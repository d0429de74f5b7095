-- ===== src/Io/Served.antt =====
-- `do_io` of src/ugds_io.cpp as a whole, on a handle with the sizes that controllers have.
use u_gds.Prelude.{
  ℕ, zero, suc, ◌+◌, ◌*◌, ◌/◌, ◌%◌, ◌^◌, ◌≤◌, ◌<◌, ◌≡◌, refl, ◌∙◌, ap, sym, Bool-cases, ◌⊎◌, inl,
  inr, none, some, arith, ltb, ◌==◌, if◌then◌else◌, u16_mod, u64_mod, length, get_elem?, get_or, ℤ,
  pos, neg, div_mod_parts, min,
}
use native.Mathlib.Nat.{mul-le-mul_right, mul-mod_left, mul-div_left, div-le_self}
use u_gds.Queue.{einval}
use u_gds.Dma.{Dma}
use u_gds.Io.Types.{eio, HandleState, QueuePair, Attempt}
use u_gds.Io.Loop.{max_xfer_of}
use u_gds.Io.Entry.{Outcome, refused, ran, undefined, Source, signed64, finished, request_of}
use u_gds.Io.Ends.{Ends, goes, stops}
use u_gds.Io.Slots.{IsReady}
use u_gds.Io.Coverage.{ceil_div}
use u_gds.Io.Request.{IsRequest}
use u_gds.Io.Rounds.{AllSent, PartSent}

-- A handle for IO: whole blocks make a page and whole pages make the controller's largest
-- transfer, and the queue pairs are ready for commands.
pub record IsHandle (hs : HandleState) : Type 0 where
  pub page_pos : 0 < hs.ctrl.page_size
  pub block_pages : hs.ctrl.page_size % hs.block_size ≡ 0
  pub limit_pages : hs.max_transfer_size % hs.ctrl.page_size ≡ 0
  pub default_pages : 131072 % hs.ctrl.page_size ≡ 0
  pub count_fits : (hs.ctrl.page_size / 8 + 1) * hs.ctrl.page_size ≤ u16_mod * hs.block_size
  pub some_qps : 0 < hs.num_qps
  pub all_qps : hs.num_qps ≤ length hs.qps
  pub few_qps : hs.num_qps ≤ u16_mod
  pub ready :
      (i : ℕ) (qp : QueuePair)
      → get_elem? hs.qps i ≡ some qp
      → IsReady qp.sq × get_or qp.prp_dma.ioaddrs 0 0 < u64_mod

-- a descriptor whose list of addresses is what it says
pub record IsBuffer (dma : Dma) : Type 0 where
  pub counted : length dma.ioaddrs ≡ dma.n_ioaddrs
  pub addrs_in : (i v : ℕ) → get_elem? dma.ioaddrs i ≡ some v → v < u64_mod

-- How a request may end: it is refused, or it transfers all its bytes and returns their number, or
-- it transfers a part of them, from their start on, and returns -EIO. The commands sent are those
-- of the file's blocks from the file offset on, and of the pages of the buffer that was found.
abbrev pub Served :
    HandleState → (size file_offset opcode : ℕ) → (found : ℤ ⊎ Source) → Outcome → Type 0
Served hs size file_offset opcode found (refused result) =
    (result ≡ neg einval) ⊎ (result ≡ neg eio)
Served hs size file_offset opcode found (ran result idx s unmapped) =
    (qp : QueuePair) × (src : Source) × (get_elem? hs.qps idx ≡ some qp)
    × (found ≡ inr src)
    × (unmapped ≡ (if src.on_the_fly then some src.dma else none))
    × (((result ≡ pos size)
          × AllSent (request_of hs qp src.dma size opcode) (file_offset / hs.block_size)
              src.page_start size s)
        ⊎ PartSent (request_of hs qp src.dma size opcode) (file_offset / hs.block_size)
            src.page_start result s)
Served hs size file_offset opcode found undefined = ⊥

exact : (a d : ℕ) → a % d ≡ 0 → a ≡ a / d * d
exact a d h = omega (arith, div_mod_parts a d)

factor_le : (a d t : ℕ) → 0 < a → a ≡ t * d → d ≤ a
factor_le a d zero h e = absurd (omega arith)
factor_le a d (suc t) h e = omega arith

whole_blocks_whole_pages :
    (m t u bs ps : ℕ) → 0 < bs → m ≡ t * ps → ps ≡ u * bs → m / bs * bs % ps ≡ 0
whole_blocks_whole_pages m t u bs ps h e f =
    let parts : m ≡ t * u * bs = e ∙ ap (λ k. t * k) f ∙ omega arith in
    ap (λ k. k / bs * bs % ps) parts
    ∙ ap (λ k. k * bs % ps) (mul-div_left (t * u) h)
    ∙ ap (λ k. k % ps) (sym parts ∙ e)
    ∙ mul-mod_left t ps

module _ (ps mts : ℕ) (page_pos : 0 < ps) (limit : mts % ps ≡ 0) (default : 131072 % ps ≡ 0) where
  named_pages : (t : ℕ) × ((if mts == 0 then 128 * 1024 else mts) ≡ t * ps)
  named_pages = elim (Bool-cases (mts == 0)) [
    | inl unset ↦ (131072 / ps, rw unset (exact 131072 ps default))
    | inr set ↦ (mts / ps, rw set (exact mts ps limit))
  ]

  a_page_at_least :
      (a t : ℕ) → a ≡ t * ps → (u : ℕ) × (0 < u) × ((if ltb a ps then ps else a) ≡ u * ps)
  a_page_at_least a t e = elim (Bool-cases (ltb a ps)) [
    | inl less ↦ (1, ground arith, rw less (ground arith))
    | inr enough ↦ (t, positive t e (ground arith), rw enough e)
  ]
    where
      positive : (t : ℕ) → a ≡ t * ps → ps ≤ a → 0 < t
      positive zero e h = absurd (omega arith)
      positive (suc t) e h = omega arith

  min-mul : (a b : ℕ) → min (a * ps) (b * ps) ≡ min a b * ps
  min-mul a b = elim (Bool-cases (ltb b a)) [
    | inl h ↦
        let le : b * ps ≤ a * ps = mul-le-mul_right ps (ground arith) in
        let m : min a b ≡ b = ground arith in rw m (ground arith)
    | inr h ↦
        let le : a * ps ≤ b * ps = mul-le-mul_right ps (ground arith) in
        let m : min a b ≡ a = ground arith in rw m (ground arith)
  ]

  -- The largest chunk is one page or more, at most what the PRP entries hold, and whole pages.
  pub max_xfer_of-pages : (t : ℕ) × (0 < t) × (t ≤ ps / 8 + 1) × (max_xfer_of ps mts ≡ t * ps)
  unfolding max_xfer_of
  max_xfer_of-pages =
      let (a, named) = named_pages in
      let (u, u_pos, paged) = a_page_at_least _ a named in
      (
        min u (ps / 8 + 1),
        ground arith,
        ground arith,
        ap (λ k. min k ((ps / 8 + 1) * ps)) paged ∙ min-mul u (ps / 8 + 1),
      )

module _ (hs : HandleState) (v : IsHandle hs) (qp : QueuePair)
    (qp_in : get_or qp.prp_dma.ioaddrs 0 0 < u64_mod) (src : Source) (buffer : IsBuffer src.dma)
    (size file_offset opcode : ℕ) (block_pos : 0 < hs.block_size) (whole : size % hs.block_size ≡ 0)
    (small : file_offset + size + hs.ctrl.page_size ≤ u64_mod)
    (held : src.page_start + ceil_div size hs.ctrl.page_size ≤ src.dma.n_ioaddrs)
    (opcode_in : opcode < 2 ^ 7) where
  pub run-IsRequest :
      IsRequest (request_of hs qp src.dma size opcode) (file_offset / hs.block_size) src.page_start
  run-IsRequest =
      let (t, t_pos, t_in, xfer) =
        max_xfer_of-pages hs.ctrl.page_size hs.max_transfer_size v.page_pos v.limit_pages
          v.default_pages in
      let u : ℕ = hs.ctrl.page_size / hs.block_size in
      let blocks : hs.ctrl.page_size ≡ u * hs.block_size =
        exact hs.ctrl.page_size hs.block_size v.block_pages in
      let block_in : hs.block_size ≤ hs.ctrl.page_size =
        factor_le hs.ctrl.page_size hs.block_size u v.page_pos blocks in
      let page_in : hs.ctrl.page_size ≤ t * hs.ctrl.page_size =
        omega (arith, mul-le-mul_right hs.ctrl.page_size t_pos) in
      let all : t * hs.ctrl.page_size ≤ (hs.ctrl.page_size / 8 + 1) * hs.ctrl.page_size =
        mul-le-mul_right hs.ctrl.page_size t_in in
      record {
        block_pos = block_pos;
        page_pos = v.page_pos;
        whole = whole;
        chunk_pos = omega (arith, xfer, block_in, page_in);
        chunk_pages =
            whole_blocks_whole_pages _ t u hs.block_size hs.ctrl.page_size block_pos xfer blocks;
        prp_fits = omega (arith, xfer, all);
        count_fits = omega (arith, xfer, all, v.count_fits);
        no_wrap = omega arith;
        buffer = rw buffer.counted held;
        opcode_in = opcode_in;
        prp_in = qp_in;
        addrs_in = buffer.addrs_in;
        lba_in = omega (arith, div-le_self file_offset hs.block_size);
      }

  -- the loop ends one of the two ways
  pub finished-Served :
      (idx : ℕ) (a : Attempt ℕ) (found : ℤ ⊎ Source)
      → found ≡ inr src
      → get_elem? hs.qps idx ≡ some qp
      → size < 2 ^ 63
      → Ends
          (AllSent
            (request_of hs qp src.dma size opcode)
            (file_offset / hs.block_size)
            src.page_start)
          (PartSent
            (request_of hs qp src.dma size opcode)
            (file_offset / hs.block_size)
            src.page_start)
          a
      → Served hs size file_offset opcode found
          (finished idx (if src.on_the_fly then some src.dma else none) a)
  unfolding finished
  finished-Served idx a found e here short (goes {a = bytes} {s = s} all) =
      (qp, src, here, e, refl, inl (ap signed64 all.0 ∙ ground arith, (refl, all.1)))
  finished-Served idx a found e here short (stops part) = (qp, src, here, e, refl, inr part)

——————————

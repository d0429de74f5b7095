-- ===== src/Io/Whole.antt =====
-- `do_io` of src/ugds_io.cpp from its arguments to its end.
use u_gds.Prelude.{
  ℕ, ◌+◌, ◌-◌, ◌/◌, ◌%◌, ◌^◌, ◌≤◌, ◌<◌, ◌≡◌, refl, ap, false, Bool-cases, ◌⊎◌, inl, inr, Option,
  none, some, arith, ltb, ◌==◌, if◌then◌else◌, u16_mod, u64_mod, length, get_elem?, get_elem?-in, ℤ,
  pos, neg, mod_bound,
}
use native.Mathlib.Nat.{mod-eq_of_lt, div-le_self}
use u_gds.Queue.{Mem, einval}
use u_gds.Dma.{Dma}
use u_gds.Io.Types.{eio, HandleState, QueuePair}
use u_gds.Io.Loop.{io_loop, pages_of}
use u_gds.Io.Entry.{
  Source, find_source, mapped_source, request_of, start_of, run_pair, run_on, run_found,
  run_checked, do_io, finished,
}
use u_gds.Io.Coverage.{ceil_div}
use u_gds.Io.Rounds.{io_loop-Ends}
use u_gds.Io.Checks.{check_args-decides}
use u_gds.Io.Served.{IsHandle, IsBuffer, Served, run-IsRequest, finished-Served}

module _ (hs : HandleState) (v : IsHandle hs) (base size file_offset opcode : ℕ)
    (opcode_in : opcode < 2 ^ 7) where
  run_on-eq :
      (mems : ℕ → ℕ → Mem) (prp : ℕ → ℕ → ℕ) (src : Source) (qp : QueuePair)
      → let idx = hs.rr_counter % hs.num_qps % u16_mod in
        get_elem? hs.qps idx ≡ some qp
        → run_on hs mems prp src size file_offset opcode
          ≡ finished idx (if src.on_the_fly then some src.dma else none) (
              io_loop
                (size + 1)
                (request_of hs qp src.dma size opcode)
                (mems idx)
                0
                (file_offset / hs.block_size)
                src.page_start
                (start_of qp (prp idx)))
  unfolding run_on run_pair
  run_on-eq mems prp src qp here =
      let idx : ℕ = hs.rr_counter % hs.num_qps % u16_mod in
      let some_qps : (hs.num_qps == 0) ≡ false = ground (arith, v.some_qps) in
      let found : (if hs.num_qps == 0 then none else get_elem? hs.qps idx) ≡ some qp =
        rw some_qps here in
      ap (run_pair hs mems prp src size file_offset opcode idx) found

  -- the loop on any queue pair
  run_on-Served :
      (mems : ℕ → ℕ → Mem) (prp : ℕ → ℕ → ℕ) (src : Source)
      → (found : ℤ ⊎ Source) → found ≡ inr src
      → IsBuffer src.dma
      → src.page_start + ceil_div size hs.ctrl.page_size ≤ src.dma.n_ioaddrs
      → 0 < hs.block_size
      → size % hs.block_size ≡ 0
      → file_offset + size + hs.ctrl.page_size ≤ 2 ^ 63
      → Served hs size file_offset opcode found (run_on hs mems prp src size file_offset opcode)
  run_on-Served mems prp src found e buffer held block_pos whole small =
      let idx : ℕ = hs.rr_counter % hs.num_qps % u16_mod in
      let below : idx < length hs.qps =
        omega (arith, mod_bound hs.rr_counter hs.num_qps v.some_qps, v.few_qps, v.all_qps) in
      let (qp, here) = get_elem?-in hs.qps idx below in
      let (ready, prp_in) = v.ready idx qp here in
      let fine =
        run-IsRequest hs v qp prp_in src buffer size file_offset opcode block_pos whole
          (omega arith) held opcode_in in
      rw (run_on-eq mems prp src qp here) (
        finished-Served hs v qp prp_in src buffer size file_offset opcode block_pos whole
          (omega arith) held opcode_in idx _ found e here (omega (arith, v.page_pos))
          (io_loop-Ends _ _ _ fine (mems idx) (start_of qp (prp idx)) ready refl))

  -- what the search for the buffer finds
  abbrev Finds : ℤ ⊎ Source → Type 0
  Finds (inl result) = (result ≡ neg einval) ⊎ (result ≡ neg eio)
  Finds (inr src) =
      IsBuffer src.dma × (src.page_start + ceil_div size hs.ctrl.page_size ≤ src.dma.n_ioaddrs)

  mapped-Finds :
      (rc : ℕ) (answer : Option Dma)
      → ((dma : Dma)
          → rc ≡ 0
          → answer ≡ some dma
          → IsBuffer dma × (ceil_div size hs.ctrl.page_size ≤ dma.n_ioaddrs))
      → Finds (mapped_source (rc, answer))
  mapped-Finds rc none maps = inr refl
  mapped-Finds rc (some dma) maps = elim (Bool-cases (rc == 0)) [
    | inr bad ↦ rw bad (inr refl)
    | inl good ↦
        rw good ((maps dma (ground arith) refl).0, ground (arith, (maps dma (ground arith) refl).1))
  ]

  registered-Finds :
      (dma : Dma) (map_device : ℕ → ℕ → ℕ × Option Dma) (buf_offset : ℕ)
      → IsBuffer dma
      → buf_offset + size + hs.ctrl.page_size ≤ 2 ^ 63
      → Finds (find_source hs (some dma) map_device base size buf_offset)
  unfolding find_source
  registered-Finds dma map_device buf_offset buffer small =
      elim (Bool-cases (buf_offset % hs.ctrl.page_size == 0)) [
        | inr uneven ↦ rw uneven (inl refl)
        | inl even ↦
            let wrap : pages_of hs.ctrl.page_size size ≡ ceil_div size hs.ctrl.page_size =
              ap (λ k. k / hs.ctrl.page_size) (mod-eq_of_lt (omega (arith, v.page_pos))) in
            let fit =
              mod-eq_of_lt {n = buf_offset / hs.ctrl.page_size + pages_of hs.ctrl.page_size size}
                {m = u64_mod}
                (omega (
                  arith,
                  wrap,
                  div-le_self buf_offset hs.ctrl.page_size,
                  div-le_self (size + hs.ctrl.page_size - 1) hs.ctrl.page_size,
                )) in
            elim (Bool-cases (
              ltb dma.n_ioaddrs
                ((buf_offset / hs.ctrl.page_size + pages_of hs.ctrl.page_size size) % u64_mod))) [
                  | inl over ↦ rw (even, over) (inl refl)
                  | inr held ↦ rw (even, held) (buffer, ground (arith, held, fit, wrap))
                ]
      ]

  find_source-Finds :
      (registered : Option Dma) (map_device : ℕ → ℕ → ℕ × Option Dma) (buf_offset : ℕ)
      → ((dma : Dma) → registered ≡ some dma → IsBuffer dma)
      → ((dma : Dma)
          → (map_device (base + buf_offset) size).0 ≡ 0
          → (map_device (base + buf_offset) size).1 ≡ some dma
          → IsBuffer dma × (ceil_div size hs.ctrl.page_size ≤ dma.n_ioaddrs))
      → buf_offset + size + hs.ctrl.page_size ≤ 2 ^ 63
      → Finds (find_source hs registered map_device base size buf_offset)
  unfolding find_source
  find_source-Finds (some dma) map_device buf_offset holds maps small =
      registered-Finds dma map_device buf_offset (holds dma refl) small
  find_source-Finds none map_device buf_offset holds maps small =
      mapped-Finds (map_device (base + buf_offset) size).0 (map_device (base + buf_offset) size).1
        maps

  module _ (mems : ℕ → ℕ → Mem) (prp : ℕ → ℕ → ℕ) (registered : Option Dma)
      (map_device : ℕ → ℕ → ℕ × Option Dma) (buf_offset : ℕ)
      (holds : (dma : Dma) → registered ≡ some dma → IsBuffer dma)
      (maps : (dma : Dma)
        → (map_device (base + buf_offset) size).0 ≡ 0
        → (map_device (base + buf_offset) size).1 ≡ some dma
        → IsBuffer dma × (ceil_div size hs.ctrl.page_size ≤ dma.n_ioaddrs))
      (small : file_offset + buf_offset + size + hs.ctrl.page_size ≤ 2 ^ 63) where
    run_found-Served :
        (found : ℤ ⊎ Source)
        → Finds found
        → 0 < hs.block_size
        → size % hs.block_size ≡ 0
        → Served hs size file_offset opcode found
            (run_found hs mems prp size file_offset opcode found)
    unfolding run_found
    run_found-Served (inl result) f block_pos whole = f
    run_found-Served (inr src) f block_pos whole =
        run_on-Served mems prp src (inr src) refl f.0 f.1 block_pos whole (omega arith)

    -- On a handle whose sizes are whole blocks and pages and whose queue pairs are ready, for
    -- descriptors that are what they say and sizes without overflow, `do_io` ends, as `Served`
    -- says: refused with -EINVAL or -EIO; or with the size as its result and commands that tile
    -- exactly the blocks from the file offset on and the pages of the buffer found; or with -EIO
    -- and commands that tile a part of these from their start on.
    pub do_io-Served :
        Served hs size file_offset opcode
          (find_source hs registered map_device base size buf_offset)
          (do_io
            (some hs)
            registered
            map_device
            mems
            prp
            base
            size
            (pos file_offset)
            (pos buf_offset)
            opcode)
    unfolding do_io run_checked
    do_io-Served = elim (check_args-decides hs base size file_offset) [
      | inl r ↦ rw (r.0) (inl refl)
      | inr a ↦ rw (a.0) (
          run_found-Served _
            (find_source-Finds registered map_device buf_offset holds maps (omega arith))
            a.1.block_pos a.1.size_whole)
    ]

——————————

» **Task objective**
Only the lines holding the string "unmapped" are needed; copy each of them from the material above.

» **Output of the exercise**
Served hs size file_offset opcode found (ran result idx s unmapped) =
    × (unmapped ≡ (if src.on_the_fly then some src.dma else none))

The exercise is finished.